• [Your instructions] Take every line containing "that" out of the records.

• [Material for this task]
-- ===== src/Commands/Accept.antt =====
-- integrations/llama_cpp/runtime_commands.py: which plans become commands, and which commands.
use solid_attention.Base.{
  ◌≡◌, refl, ◌≢◌, ◌↔◌, inl, inr, not, none, some, List, [], ◌∷◌, ok, Any, Any-All, Any-imp, ok_inj,
  Pairwise, >>=-eq-ok, >>-eq-ok, skip_raise, ◌>>=◌, ◌∙◌, ap, sym, subst, Option-cases,
}
use solid_attention.Base.Int.{pos, eqb_ℤ, eqb_ℤ-≡, eqb_ℤ_self}
use solid_attention.Base.Dict.{Dict, get}
use solid_attention.Commands.{
  PlanOp, PlanRange, PlanJson, LlamaKvCommand, RowKey, row_key, row_key_discrete, command_from_op,
  layout_ranges, check_row, check_range, command_loop, commands_from_movement_plan,
}
use solid_attention.Commands.Check.{IsCommandOf, command_from_op_iff}
use solid_attention.Commands.Rows.{DistinctRows, Finds, layout_ranges-Finds, layout_ranges-distinct}

module _ {Fl : Type 0} where
  -- The row is the command's, and gives it the same bytes of the file.
  pub record IsRowOf (c : LlamaKvCommand Fl) (r : PlanRange) : Type 0 where
    pub key : row_key r ≡ (pos c.layer_id, pos c.block_id)
    pub offset : pos c.ssd_offset ≡ r.offset
    pub size_bytes : pos c.size_bytes ≡ r.size_bytes

  check_row_iff :
      (c : LlamaKvCommand Fl) (r : PlanRange)
      → (check_row c r ≡ ok tt)
        ↔ ((pos c.ssd_offset ≡ r.offset) × (pos c.size_bytes ≡ r.size_bytes))
  unfolding check_row
  check_row_iff c r = (
    λ h.
        let (offset, h') = >>-eq-ok (not (eqb_ℤ (pos c.ssd_offset) r.offset)) _ _ h in
        let (size, _) = >>-eq-ok (not (eqb_ℤ (pos c.size_bytes) r.size_bytes)) _ _ h' in
        (eqb_ℤ-≡ (pos c.ssd_offset) r.offset offset, eqb_ℤ-≡ (pos c.size_bytes) r.size_bytes size),
    λ (offset, size).
        rw (sym offset, sym size)
          (skip_raise _ _ (eqb_ℤ_self (pos c.ssd_offset))
            ∙ skip_raise _ _ (eqb_ℤ_self (pos c.size_bytes))),
  )

  check_range-some :
      (d : Dict RowKey PlanRange) (c : LlamaKvCommand Fl) (r : PlanRange)
      → get row_key_discrete (pos c.layer_id, pos c.block_id) d ≡ some r
      → check_range d c ≡ check_row c r
  unfolding check_range
  check_range-some d c r found = rw (found, check_range) refl

  check_range-none :
      (d : Dict RowKey PlanRange) (c : LlamaKvCommand Fl)
      → get row_key_discrete (pos c.layer_id, pos c.block_id) d ≡ none
      → check_range d c ≢ ok tt
  unfolding check_range
  check_range-none d c missing h = let stopped = rw (missing, check_range) at h in cc

-- The plan's commands: one for each operation in order, with a row of the layout for its block.
pub record AreCommandsOf {Fl : Type 0} (p : PlanJson Fl) (cs : List (LlamaKvCommand Fl))
    : Type 0 where
  pub rows : DistinctRows p.blocks
  pub commands : Pairwise (λ o c. IsCommandOf o c × Any (IsRowOf c) p.blocks) p.ops cs

module _ {Fl : Type 0} where
  check_range_iff :
      (d : Dict RowKey PlanRange) (rows : List PlanRange) (c : LlamaKvCommand Fl)
      → Finds d rows
      → (check_range d c ≡ ok tt) ↔ Any (IsRowOf c) rows
  check_range_iff d rows c finds = (
    λ h. elim (Option-cases (get row_key_discrete (pos c.layer_id, pos c.block_id) d)) [
      | inl missing ↦ absurd (check_range-none d c missing h)
      | inr (r, found) ↦
          let (offset, size) = (check_row_iff c r).0 (sym (check_range-some d c r found) ∙ h) in
          Any-imp rows (finds.1 (pos c.layer_id, pos c.block_id) r found) (λ q (e, k). record {
            key = k;
            offset = offset ∙ ap (λ x. x.offset) (sym e);
            size_bytes = size ∙ ap (λ x. x.size_bytes) (sym e);
          })
    ],
    λ h. Any-All rows h finds.0 (λ r is found.
        let at_key : get row_key_discrete (pos c.layer_id, pos c.block_id) d ≡ some r =
          ap (λ k. get row_key_discrete k d) (sym is.key) ∙ found in
        check_range-some d c r at_key ∙ (check_row_iff c r).1 (is.offset, is.size_bytes)),
  )

  loop_commands :
      (d : Dict RowKey PlanRange) (rows : List PlanRange) (ops : List (PlanOp Fl))
      → Finds d rows
      → (cs : List (LlamaKvCommand Fl)) → command_loop d ops ≡ ok cs
      → Pairwise (λ o c. IsCommandOf o c × Any (IsRowOf c) rows) ops cs
  unfolding command_loop
  loop_commands d rows [] finds cs h =
      subst (Pairwise (λ o c. IsCommandOf o c × Any (IsRowOf c) rows) []) (ok_inj h) tt
  loop_commands d rows (o ∷ ops) finds cs h =
      let (c, made, h') = >>=-eq-ok (command_from_op o) _ h in
      let (_, row, h'') = >>=-eq-ok (check_range d c) _ h' in
      let (more, rest, all) = >>=-eq-ok (command_loop d ops) _ h'' in
      subst (Pairwise (λ o c. IsCommandOf o c × Any (IsRowOf c) rows) (o ∷ ops)) (ok_inj all) (
        ((command_from_op_iff o c).0 made, (check_range_iff d rows c finds).0 row),
        loop_commands d rows ops finds more rest,
      )

  commands_loop :
      (d : Dict RowKey PlanRange) (rows : List PlanRange) (ops : List (PlanOp Fl))
      → Finds d rows
      → (cs : List (LlamaKvCommand Fl))
      → Pairwise (λ o c. IsCommandOf o c × Any (IsRowOf c) rows) ops cs
      → command_loop d ops ≡ ok cs
  unfolding command_loop
  commands_loop d rows [] finds [] h = refl
  commands_loop d rows [] finds (c ∷ cs) h = absurd h
  commands_loop d rows (o ∷ ops) finds [] h = absurd h
  commands_loop d rows (o ∷ ops) finds (c ∷ cs) h =
      rw
        (
          (command_from_op_iff o c).1 h.0.0,
          (check_range_iff d rows c finds).1 h.0.1,
          commands_loop d rows ops finds cs h.1,
        )
        refl

  -- A plan becomes the commands `cs` exactly when no two rows of its layout have one key and `cs`
  -- has, for each operation of the plan in order, the command that stands for it, with a row of the
  -- layout that has the command's block, offset and size.
  pub commands_from_movement_plan_iff :
      (p : PlanJson Fl) (cs : List (LlamaKvCommand Fl))
      → (commands_from_movement_plan p ≡ ok cs) ↔ AreCommandsOf p cs
  unfolding commands_from_movement_plan
  commands_from_movement_plan_iff p cs = (
    λ h.
        let (d, ranged, h') = >>=-eq-ok (layout_ranges [] p.blocks) _ h in
        let distinct = layout_ranges-distinct p.blocks d ranged in
        let (found, again, finds) = layout_ranges-Finds p.blocks distinct in
        record {
          rows = distinct;
          commands =
              loop_commands found p.blocks p.ops finds cs
                (ap (λ r. r >>= λ e. command_loop e p.ops) (sym again) ∙ h);
        },
    λ a.
        let (d, ranged, finds) = layout_ranges-Finds p.blocks a.rows in
        rw ranged (commands_loop d p.blocks p.ops finds cs a.commands),
  )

• [Finished task]
  -- has, for each operation of the plan in order, the command that stands for it, with a row of the
  -- layout that has the command's block, offset and size.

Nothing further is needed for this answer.